The vote is being held on June 27 amid hope the nation may finally be on the verge of escaping decades of coups and military rule.
Bruen declined to give details on who is training the force during the six-month programme, which began in late May, but he said they were "civilian police experts, hired and overseen by the Department of State."
The training "is equivalent to that received by the US Secret Service", Bruen said, and will focus on security methods, first aid, firearms training, human rights as well as the use of non-lethal force.
The US is not providing weapons or ammunition.
"In any country, the protection of the president is one of the most important responsibilities of a government," Bruen said. "It helps to ensure that the will of the voters is not usurped by the actions of those who seek political change through force."
The presidential guard loyal to Guinea's last dictator, Capt Moussa "Dadis" Camara, infamously crushed pro-democracy demonstration in the capital last September. A UN panel said 156 people were killed or disappeared after troops went on the rampage, raping scores of women in broad daylight.

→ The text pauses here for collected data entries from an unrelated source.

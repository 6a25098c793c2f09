-- ===== src/Leveldb/Compaction/Hidden.antt =====
-- The entries of a key behind one that `DoCompactionWork` of leveldb/db/db_impl.cc keeps.
use wormholefilters.Base.{
  ℕ, ◌≤◌, ◌<◌, ◌≡◌, ◌⊎◌, true, false, Bool-cases, ◌&&◌, Option, none, some, inl, inr, List, [], ◌∷◌,
  All, refl, sym, ap, ◌∙◌, arith, leb, le→leb, lt→leb, leb→lt, if◌then◌else◌, subst,
}
use wormholefilters.Leveldb.Compaction.Reads.{
  Item, find, kept, Before, IsSortedInput, is_equal_same, is_equal→≡, find_kept_past,
}
use wormholefilters.Leveldb.Compaction.{
  DeepLevel, LastKey, is_equal, is_same_key, last_sequence, drops, after_key,
}
use wormholefilters.Leveldb.Comparator.Order.{IsTotalOrder}
use wormholefilters.Leveldb.Comparator.{Comparator}
use wormholefilters.Leveldb.DbFormat.{ParsedInternalKey, max_sequence_number}
use Prim.Native.Nat.{Ordering}

module _ (ucmp : Comparator) (order : IsTotalOrder ucmp.compare) (smallest : ℕ) where
  last_sequence_same :
      (s : LastKey) (ikey : ParsedInternalKey)
      → is_same_key ucmp s.current_user_key ikey.user_key ≡ true
      → (last_sequence ucmp s ikey ≡ s.last_sequence_for_key)
        × ((after_key ucmp s ikey).current_user_key ≡ s.current_user_key)
  unfolding last_sequence after_key
  last_sequence_same s ikey e = (rw e, rw e)

  past :
      (k : List ℕ) (x : Item) (items : List Item)
      → ucmp.compare k x.ikey.user_key ≡ Ordering.lt
      → All (Before ucmp x) items
      → All (λ (y : Item). ucmp.compare k y.ikey.user_key ≡ Ordering.lt) items
  past k x [] e b = tt
  past k x (y ∷ items) e (inl f, b) =
      (order.trans k x.ikey.user_key y.ikey.user_key e f, past k x items e b)
  past k x (y ∷ items) e (inr (f, h), b) =
      (subst (λ (u : List ℕ). ucmp.compare k u ≡ Ordering.lt) f e, past k x items e b)

  pub after_key_sequence :
      (s : LastKey) (x : Item)
      → x.ikey.sequence ≤ smallest
      → (after_key ucmp s x.ikey).last_sequence_for_key ≤ smallest
  unfolding after_key
  after_key_sequence s x l = l

  kept_hidden :
      (s : LastKey) (x : Item) (items : List Item) (levels : List DeepLevel)
      → leb (last_sequence ucmp s x.ikey) smallest ≡ true
      → kept ucmp smallest (x ∷ items) s levels
        ≡ kept ucmp smallest items (after_key ucmp s x.ikey) levels
  unfolding kept drops
  kept_hidden s x items levels e = rw e

  -- The entries of a key behind one that every snapshot sees are all dropped.
  pub find_kept_hidden :
      (k : List ℕ) (snapshot : ℕ) (items : List Item) (s : LastKey) (levels : List DeepLevel)
      → s.current_user_key ≡ some k
      → s.last_sequence_for_key ≤ smallest
      → IsSortedInput ucmp items
      → All
          (λ (x : Item).
            (ucmp.compare k x.ikey.user_key ≡ Ordering.lt)
            ⊎ ((k ≡ x.ikey.user_key) × (x.ikey.sequence ≤ smallest)))
          items
      → find ucmp k snapshot (kept ucmp smallest items s levels) ≡ none
  find_kept_hidden k snapshot [] s levels c h o a = unfold kept find in refl
  find_kept_hidden k snapshot (x ∷ items) s levels c h (b, o) (inl e, a) =
      find_kept_past ucmp order smallest k snapshot (x ∷ items) s levels (e, past k x items e b)
  find_kept_hidden k snapshot (x ∷ items) s levels c h (b, o) (inr (e, l), a) =
      let here : is_same_key ucmp s.current_user_key x.ikey.user_key ≡ true =
        rw c (is_equal_same ucmp order smallest x.ikey.user_key k (sym e)) in
      let (last, current) = last_sequence_same s x.ikey here in
      ap (find ucmp k snapshot) (
        kept_hidden s x items levels
          (ap (λ (n : ℕ). leb n smallest) last ∙ le→leb s.last_sequence_for_key smallest h))
      ∙ find_kept_hidden k snapshot items (after_key ucmp s x.ikey) levels (current ∙ c)
          (after_key_sequence s x l) o a

  -- Behind an entry of the key, an entry of the key is older.
  pub older :
      (k : List ℕ) (x : Item) (items : List Item)
      → x.ikey.user_key ≡ k
      → x.ikey.sequence ≤ smallest
      → All (Before ucmp x) items
      → All
          (λ (y : Item).
            (ucmp.compare k y.ikey.user_key ≡ Ordering.lt)
            ⊎ ((k ≡ y.ikey.user_key) × (y.ikey.sequence ≤ smallest)))
          items
  older k x [] e h b = tt
  older k x (y ∷ items) e h (inl f, b) = (
    inl (subst (λ (u : List ℕ). ucmp.compare u y.ikey.user_key ≡ Ordering.lt) e f),
    older k x items e h b,
  )
  older k x (y ∷ items) e h (inr (f, g), b) =
      (inr (sym e ∙ f, omega (arith, g, h)), older k x items e h b)

  -- The key is not one of which every snapshot has seen an entry.
  abbrev pub IsOpen : List ℕ → LastKey → Type 0
  IsOpen k s = is_same_key ucmp s.current_user_key k ≡ true → smallest < s.last_sequence_for_key

  pub after_key-some :
      (s : LastKey) (x : Item) → (after_key ucmp s x.ikey).current_user_key ≡ some x.ikey.user_key
  unfolding after_key
  after_key-some s x = by_current s.current_user_key
    where
      by_current :
          (c : Option (List ℕ))
          → (if is_same_key ucmp c x.ikey.user_key then c else some x.ikey.user_key)
            ≡ some x.ikey.user_key
      by_current none = refl
      by_current (some c) = elim (Bool-cases (is_equal (ucmp.compare x.ikey.user_key c))) [
        | inl e ↦ rw e (ap some (sym (is_equal→≡ ucmp order smallest x.ikey.user_key c e)))
        | inr e ↦ rw e
      ]

  -- An entry that is newer than the snapshot leaves its key open.
  pub after_key-IsOpen :
      (k : List ℕ) (s : LastKey) (x : Item) (snapshot : ℕ)
      → smallest ≤ snapshot
      → (is_equal (ucmp.compare x.ikey.user_key k) && leb x.ikey.sequence snapshot) ≡ false
      → IsOpen k (after_key ucmp s x.ikey)
  unfolding after_key
  after_key-IsOpen k s x snapshot h e i =
      let i' : is_equal (ucmp.compare k x.ikey.user_key) ≡ true =
        ap (λ (c : Option (List ℕ)). is_same_key ucmp c k) (sym (after_key-some s x)) ∙ i in
      let e' =
        is_equal_same ucmp order smallest x.ikey.user_key k
          (sym (is_equal→≡ ucmp order smallest k x.ikey.user_key i')) in
      newer (rw e' at e)
    where
      newer : leb x.ikey.sequence snapshot ≡ false → smallest < x.ikey.sequence
      newer f = omega (arith, leb→lt x.ikey.sequence snapshot f, h)

  pub not_hidden :
      (k : List ℕ) (s : LastKey) (x : Item)
      → smallest < max_sequence_number
      → IsOpen k s
      → x.ikey.user_key ≡ k
      → leb (last_sequence ucmp s x.ikey) smallest ≡ false
  unfolding last_sequence
  not_hidden k s x m n e = elim (Bool-cases (is_same_key ucmp s.current_user_key x.ikey.user_key)) [
    | inl i ↦ rw i (
        lt→leb smallest s.last_sequence_for_key
          (n (ap (is_same_key ucmp s.current_user_key) (sym e) ∙ i)))
    | inr i ↦ rw i (lt→leb smallest max_sequence_number m)
  ]

  pub found_here :
      (k : List ℕ) (snapshot : ℕ) (x : Item) (items : List Item)
      → (is_equal (ucmp.compare x.ikey.user_key k) && leb x.ikey.sequence snapshot) ≡ true
      → find ucmp k snapshot (x ∷ items) ≡ some (x.ikey.type, x.val)
  unfolding find
  found_here k snapshot x items e = rw e
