-- ===== src/Leveldb/Compaction/Kept.antt =====
-- The entries that `DoCompactionWork` keeps answer as the entries that it is given.
use wormholefilters.Base.{
  ℕ, ◌≤◌, ◌<◌, ◌≡◌, Bool, true, false, Bool-cases, not, ◌&&◌, Option, some, inl, inr, List, [], ◌∷◌,
  All, refl, sym, ap, ◌∙◌, leb, leb→le,
}
use wormholefilters.Leveldb.Compaction.BaseLevel.{IsPassed, in_levels, is_base_level_for_key_iff}
use wormholefilters.Leveldb.Compaction.Reads.{
  Item, find, kept, Before, IsSortedInput, IsAnswer, same, gone, drops_same, IsReady, drops-IsReady,
  is_equal→≡, find_skip, find_kept_skip,
}
use wormholefilters.Leveldb.Compaction.{
  DeepLevel, LastKey, is_deletion, is_equal, last_sequence, drops, after_key, is_base_level_for_key,
}
use wormholefilters.Leveldb.Comparator.Order.{IsTotalOrder}
use wormholefilters.Leveldb.Comparator.{Comparator}
use wormholefilters.Leveldb.DbFormat.{ValueType, deletion, value, max_sequence_number}
use wormholefilters.Leveldb.Compaction.Hidden.{
  find_kept_hidden, after_key_sequence, older, IsOpen, after_key-some, after_key-IsOpen, not_hidden,
  found_here,
}

module _ (ucmp : Comparator) (order : IsTotalOrder ucmp.compare) (smallest : ℕ) where
  and_left : (a b : Bool) → (a && b) ≡ true → a ≡ true
  and_left true b e = refl
  and_left false b e = e

  and_right : (a b : Bool) → (a && b) ≡ true → b ≡ true
  and_right true b e = e
  and_right false b e = absurd (cc)

  not-true : (b : Bool) → not b ≡ true → b ≡ false
  not-true true e = absurd (cc)
  not-true false e = refl

  is_deletion→≡ : (t : ValueType) → is_deletion t ≡ true → t ≡ deletion
  is_deletion→≡ deletion e = refl
  is_deletion→≡ value e = absurd (cc)

  drops_kept :
      (s : LastKey) (x : Item) (levels : List DeepLevel)
      → leb (last_sequence ucmp s x.ikey) smallest ≡ false
      → (is_deletion x.ikey.type && leb x.ikey.sequence smallest) ≡ false
      → drops ucmp smallest s x.ikey levels ≡ (false, levels)
  unfolding drops
  drops_kept s x levels h f = rw (h, f)

  drops_base :
      (s : LastKey) (x : Item) (levels : List DeepLevel)
      → leb (last_sequence ucmp s x.ikey) smallest ≡ false
      → (is_deletion x.ikey.type && leb x.ikey.sequence smallest) ≡ true
      → drops ucmp smallest s x.ikey levels ≡ is_base_level_for_key ucmp x.ikey.user_key levels
  unfolding drops
  drops_base s x levels h f = rw (h, f)

  kept_here :
      (s : LastKey) (x : Item) (items : List Item) (levels : List DeepLevel)
      → (drops ucmp smallest s x.ikey levels).0 ≡ false
      → kept ucmp smallest (x ∷ items) s levels
        ≡ x
          ∷ kept ucmp smallest items
              (after_key ucmp s x.ikey)
              ((drops ucmp smallest s x.ikey levels).1)
  unfolding kept
  kept_here s x items levels e = rw e

  kept_dropped :
      (s : LastKey) (x : Item) (items : List Item) (levels : List DeepLevel)
      → (drops ucmp smallest s x.ikey levels).0 ≡ true
      → kept ucmp smallest (x ∷ items) s levels
        ≡ kept ucmp smallest items
            (after_key ucmp s x.ikey)
            ((drops ucmp smallest s x.ikey levels).1)
  unfolding kept
  kept_dropped s x items levels e = rw e

  -- An entry that is found, of a key that is open.
  found-IsAnswer :
      (k : List ℕ) (snapshot : ℕ) (x : Item) (items : List Item) (s : LastKey)
      (levels : List DeepLevel)
      → x.ikey.user_key ≡ k
      → All (Before ucmp x) items
      → IsSortedInput ucmp items
      → All (IsPassed ucmp x.ikey.user_key) levels
      → (is_equal (ucmp.compare x.ikey.user_key k) && leb x.ikey.sequence snapshot) ≡ true
      → leb (last_sequence ucmp s x.ikey) smallest ≡ false
      → IsAnswer ucmp k levels
          (find ucmp k snapshot (x ∷ items))
          (find ucmp k snapshot (kept ucmp smallest (x ∷ items) s levels))
  found-IsAnswer k snapshot x items s levels e b o p d h =
      elim (Bool-cases (is_deletion x.ikey.type && leb x.ikey.sequence smallest)) [
        | inr f ↦ same (
            ap (find ucmp k snapshot)
              (kept_here s x items levels (ap fst (drops_kept s x levels h f)))
            ∙ kept_found (
                kept ucmp smallest items (after_key ucmp s x.ikey)
                  ((drops ucmp smallest s x.ikey levels).1)))
        | inl f ↦ elim (Bool-cases ((is_base_level_for_key ucmp x.ikey.user_key levels).0)) [
          | inr g ↦ same (
              ap (find ucmp k snapshot)
                (kept_here s x items levels (ap fst (drops_base s x levels h f) ∙ g))
              ∙ kept_found (
                  kept ucmp smallest items (after_key ucmp s x.ikey)
                    ((drops ucmp smallest s x.ikey levels).1)))
          | inl g ↦
              gone x.val
                (found_here ucmp order smallest k snapshot x items d
                  ∙ ap (λ (t : ValueType). some (t, x.val))
                      (is_deletion→≡ x.ikey.type
                        (and_left (is_deletion x.ikey.type) (leb x.ikey.sequence smallest) f)))
                (ap (find ucmp k snapshot)
                    (kept_dropped s x items levels (ap fst (drops_base s x levels h f) ∙ g))
                  ∙ find_kept_hidden ucmp order smallest k snapshot items (after_key ucmp s x.ikey)
                      ((drops ucmp smallest s x.ikey levels).1)
                      (after_key-some ucmp order smallest s x ∙ ap some e)
                      (after_key_sequence ucmp order smallest s x (seen f)) o
                      (older ucmp order smallest k x items e (seen f) b))
                (ap (λ (u : List ℕ). in_levels ucmp u levels) (sym e)
                  ∙ not-true (in_levels ucmp x.ikey.user_key levels)
                      (sym ((is_base_level_for_key_iff ucmp order x.ikey.user_key levels p).0) ∙ g))
        ]
      ]
    where
      fst : Bool × List DeepLevel → Bool
      fst (b, l) = b

      kept_found :
          (rest : List Item) → find ucmp k snapshot (x ∷ rest) ≡ find ucmp k snapshot (x ∷ items)
      kept_found rest =
          found_here ucmp order smallest k snapshot x rest d
          ∙ sym (found_here ucmp order smallest k snapshot x items d)

      seen :
          (is_deletion x.ikey.type && leb x.ikey.sequence smallest) ≡ true
          → x.ikey.sequence ≤ smallest
      seen f =
          leb→le x.ikey.sequence smallest
            (and_right (is_deletion x.ikey.type) (leb x.ikey.sequence smallest) f)

  skipped :
      {k : List ℕ} {levels levels' : List DeepLevel} {a b a' b' : Option (ValueType × List ℕ)}
      → a ≡ a'
      → b ≡ b'
      → in_levels ucmp k levels' ≡ in_levels ucmp k levels
      → IsAnswer ucmp k levels' a' b'
      → IsAnswer ucmp k levels a b
  skipped p q l (same e) = same (q ∙ (e ∙ sym p))
  skipped p q l (gone v e f g) = gone v (p ∙ e) (q ∙ f) (sym l ∙ g)

  pub find_kept-IsAnswer :
      (k : List ℕ) (snapshot : ℕ) (items : List Item) (s : LastKey) (levels : List DeepLevel)
      → smallest ≤ snapshot
      → smallest < max_sequence_number
      → IsSortedInput ucmp items
      → IsReady ucmp order smallest items levels
      → IsOpen ucmp order smallest k s
      → IsAnswer ucmp k levels
          (find ucmp k snapshot items)
          (find ucmp k snapshot (kept ucmp smallest items s levels))
  find_kept-IsAnswer k snapshot [] s levels h m o r n = same (unfold kept find in refl)
  find_kept-IsAnswer k snapshot (x ∷ items) s levels h m (b, o) (p, r) n =
      elim (Bool-cases
        (is_equal (ucmp.compare x.ikey.user_key k) && leb x.ikey.sequence snapshot)) [
          | inl d ↦
              let e = is_equal→≡ ucmp order smallest x.ikey.user_key k (
                and_left (is_equal (ucmp.compare x.ikey.user_key k)) (leb x.ikey.sequence snapshot)
                  d) in
              found-IsAnswer k snapshot x items s levels e b o p d
                (not_hidden ucmp order smallest k s x m n e)
          | inr d ↦
              skipped (find_skip ucmp order smallest k snapshot x items d)
                (find_kept_skip ucmp order smallest k snapshot x items s levels d)
                (drops_same ucmp order smallest s x.ikey k levels)
                (find_kept-IsAnswer k snapshot items (after_key ucmp s x.ikey)
                  ((drops ucmp smallest s x.ikey levels).1) h m o
                  (drops-IsReady ucmp order smallest s x items levels b p)
                  (after_key-IsOpen ucmp order smallest k s x snapshot h d))
        ]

Camara grabbed power in 2008 in a coup after the death of long time dictator Lansana Conte and was known as a wildly erratic ruler. He went into exile after his presidential guard chief shot him in the head in December.
Government and military officials say Camara last year had also brought in foreign security experts, including some from a private Israeli company, to secretly train members of his minority ethnic group, possibly as presidential guards. The programme was abandoned around the time Camara was shot.
The US ambassador to Guinea, Patricia Newton Moller, said the training was designed to protect the institution of the president, not any specific leader.
"Many countries around the world have approached us asking if we can help them train a professional presidential security service ... without any political orientation, any political ambition," Moller said. "And that is our objective."